Try it
Take the entries below and print only the lines from the one with "(columns : Columns library) (i : ℕ)" through the one with "c. s) ≡ done t", exactly as they stand, both ends included.

Collected data entries:
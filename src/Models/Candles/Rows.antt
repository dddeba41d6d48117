-- ===== src/Models/Candles/Rows.antt =====
-- Which candles `Candles::fromJson` of src/mexc_models.cpp reads from the arrays of the answer.
use mexc_cpp_api.Base.{
  ℕ, ◌≡◌, refl, sym, ap, ◌∙◌, ◌<◌, arith, ◌⊎◌, inl, inr, Bool, true, false, List, [], ◌∷◌, ◌++◌,
  Outcome, ok, throw, fault, Step, done, threw, faulted, next, each, range_from, append_assoc,
  append-nil, ◌==◌, if◌then◌else◌,
}
use mexc_cpp_api.Base.Effects.{done-injective}
use mexc_cpp_api.External.{Library}
use mexc_cpp_api.Models.Candles.{
  Candle, Columns, Candles, fresh_candle, columns_of, candle_at, candle_item, candles_from_payload,
  fill,
}
use mexc_cpp_api.Models.Candles.Cells.{IsRow, AreColumns, columns_lem, candle_lem}

next-eq-done {ℓ} :
    {S : Type ℓ} (m : Step S) (k : S → Step S) {t : S}
    → next m k (λ u. u) ≡ done t
    → (s : S) × (m ≡ done s) × (k s ≡ done t)
next-eq-done (done s) k h = (s, refl, h)
next-eq-done (threw e s) k h = cc
next-eq-done faulted k h = cc

module _ (library : Library) where
  open library use {
    Json, Decimal, contains, at_key, at_key_or_null, size, at_index, get_int, get_double,
    double_to_string, decimal_of_text,
  }

  -- One candle for each index, in the order of the indices.
  abbrev pub Rows : Json → List ℕ → List (Candle library) → Type 0
  Rows json [] [] = Unit
  Rows json [] (c ∷ cs) = ⊥
  Rows json (i ∷ is) [] = ⊥
  Rows json (i ∷ is) (c ∷ cs) = IsRow library json i c × Rows json is cs

  item_lem :
      (columns : Columns library) (i : ℕ) (s t : Candles library)
      → candle_item library columns i s ≡ done t
      → (c : Candle library) × (candle_at library columns i (fresh_candle library) ≡ done c)
        × (t ≡ record s { candles = s.candles ++ (c ∷ []) })
  unfolding candle_item
  item_lem columns i s t h = go (candle_at library columns i (fresh_candle library)) h
    where
      go :
          (step : Step (Candle library))
          → next step (λ c. done (record s { candles = s.candles ++ (c ∷ []) })) (λ c. s) ≡ done t
          → (c : Candle library) × (step ≡ done c)
            × (t ≡ record s { candles = s.candles ++ (c ∷ []) })
      go (done c) e = (c, refl, cc)
      go (threw x c) e = cc
      go faulted e = cc

  -- `s` with more candles behind its own.
  abbrev pub extended : Candles library → List (Candle library) → Candles library
  extended s cs = record s { candles = s.candles ++ cs }

  abbrev replaced : Candles library → List (Candle library) → Candles library
  replaced s cs = record s { candles = cs }

  each_items :
      (json : Json) (columns : Columns library) (is : List ℕ) (s t : Candles library)
      → AreColumns library json columns
      → each (candle_item library columns) is s ≡ done t
      → (cs : List (Candle library)) × Rows json is cs × (t ≡ extended s cs)
  unfolding each
  each_items json columns [] s t are h =
      ([], tt, done-injective (sym h) ∙ ap (replaced s) (sym (append-nil s.candles)))
  each_items json columns (i ∷ is) s t are h =
      let (u, e, h') = next-eq-done (candle_item library columns i s) _ h in
      let (c, filled, same) = item_lem columns i s u e in
      let (cs, rows, last) = each_items json columns is u t are h' in
      (
        c ∷ cs,
        (candle_lem library json columns i c are filled, rows),
        last
            ∙ (ap (λ v. extended v cs) same ∙ ap (replaced s) (append_assoc s.candles (c ∷ []) cs)),
      )

  -- The answer has no times.
  abbrev pub HasNone : Json → Type 0
  HasNone json =
      (contains json "time" ≡ false)
      ⊎ ((times : Json) × (at_key json "time" ≡ ok times) × (size times ≡ 0))

  -- `t` is `s` with one candle for each index of the array `time` behind its own.
  abbrev pub Filled : Json → Candles library → Candles library → Type 0
  Filled json s t =
      (times : Json) × (cs : List (Candle library)) × (at_key_or_null json "time" ≡ ok times)
      × Rows json (range_from 0 (size times)) cs
      × (t ≡ extended s cs)

  fill-Filled :
      (json : Json) (o : Outcome (Columns library)) (s t : Candles library)
      → columns_of library json ≡ o
      → fill library o s ≡ done t
      → Filled json s t
  unfolding fill
  fill-Filled json (ok columns) s t k e =
      let are = columns_lem library json columns k in
      let (cs, rows, same) =
        each_items json columns (range_from 0 (size columns.times)) s t are e in
      (columns.times, cs, are.times, rows, same)
  fill-Filled json (throw x) s t k e = cc
  fill-Filled json fault s t k e = cc

  -- If the reading of the answer's data succeeds, either there are no times and no candle is added, or
  -- there are some, and behind the candles that were there stand those of the answer: one for each index
  -- of the array `time`, in that order. Each holds the elements with its index of the arrays `open`,
  -- `high`, `low`, `close`, `vol` and `amount`, and a thousand times that of `time`.
  pub candles_from_payload-Rows :
      (json : Json) (s t : Candles library)
      → candles_from_payload library json s ≡ done t
      → (HasNone json × (t ≡ s))
        ⊎ ((found : Json) × (at_key json "time" ≡ ok found) × (0 < size found) × Filled json s t)
  unfolding candles_from_payload
  candles_from_payload-Rows json s t h =
      guarded (contains json "time") (at_key json "time") refl refl h
    where
      counted :
          (found : Json) (empty : Bool)
          → at_key json "time" ≡ ok found
          → (size found == 0) ≡ empty
          → (if empty then done s else fill library (columns_of library json) s) ≡ done t
          → (HasNone json × (t ≡ s))
            ⊎ ((found : Json) × (at_key json "time" ≡ ok found)
                × (0 < size found)
                × Filled json s t)
      counted found true k l e = inl (inr (found, k, ground (arith, l)), sym (done-injective e))
      counted found false k l e =
          inr (found, k, ground (arith, l), fill-Filled json (columns_of library json) s t refl e)

      guarded :
          (present : Bool) (times : Outcome Json)
          → contains json "time" ≡ present
          → at_key json "time" ≡ times
          → (if present
              then elim times [
                | ok found ↦
                    if size found == 0 then done s else fill library (columns_of library json) s
                | throw e ↦ threw e s
                | fault ↦ faulted
              ]
              else done s)
            ≡ done t
          → (HasNone json × (t ≡ s))
            ⊎ ((found : Json) × (at_key json "time" ≡ ok found)
                × (0 < size found)
                × Filled json s t)
      guarded false times p k e = inl (inl p, sym (done-injective e))
      guarded true (ok found) p k e = counted found (size found == 0) k refl e
      guarded true (throw x) p k e = cc
      guarded true fault p k e = cc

Output of the task
      (columns : Columns library) (i : ℕ) (s t : Candles library)
      → candle_item library columns i s ≡ done t
      → (c : Candle library) × (candle_at library columns i (fresh_candle library) ≡ done c)
        × (t ≡ record s { candles = s.candles ++ (c ∷ []) })
  unfolding candle_item
  item_lem columns i s t h = go (candle_at library columns i (fresh_candle library)) h
    where
      go :
          (step : Step (Candle library))
          → next step (λ c. done (record s { candles = s.candles ++ (c ∷ []) })) (λ c. s) ≡ done t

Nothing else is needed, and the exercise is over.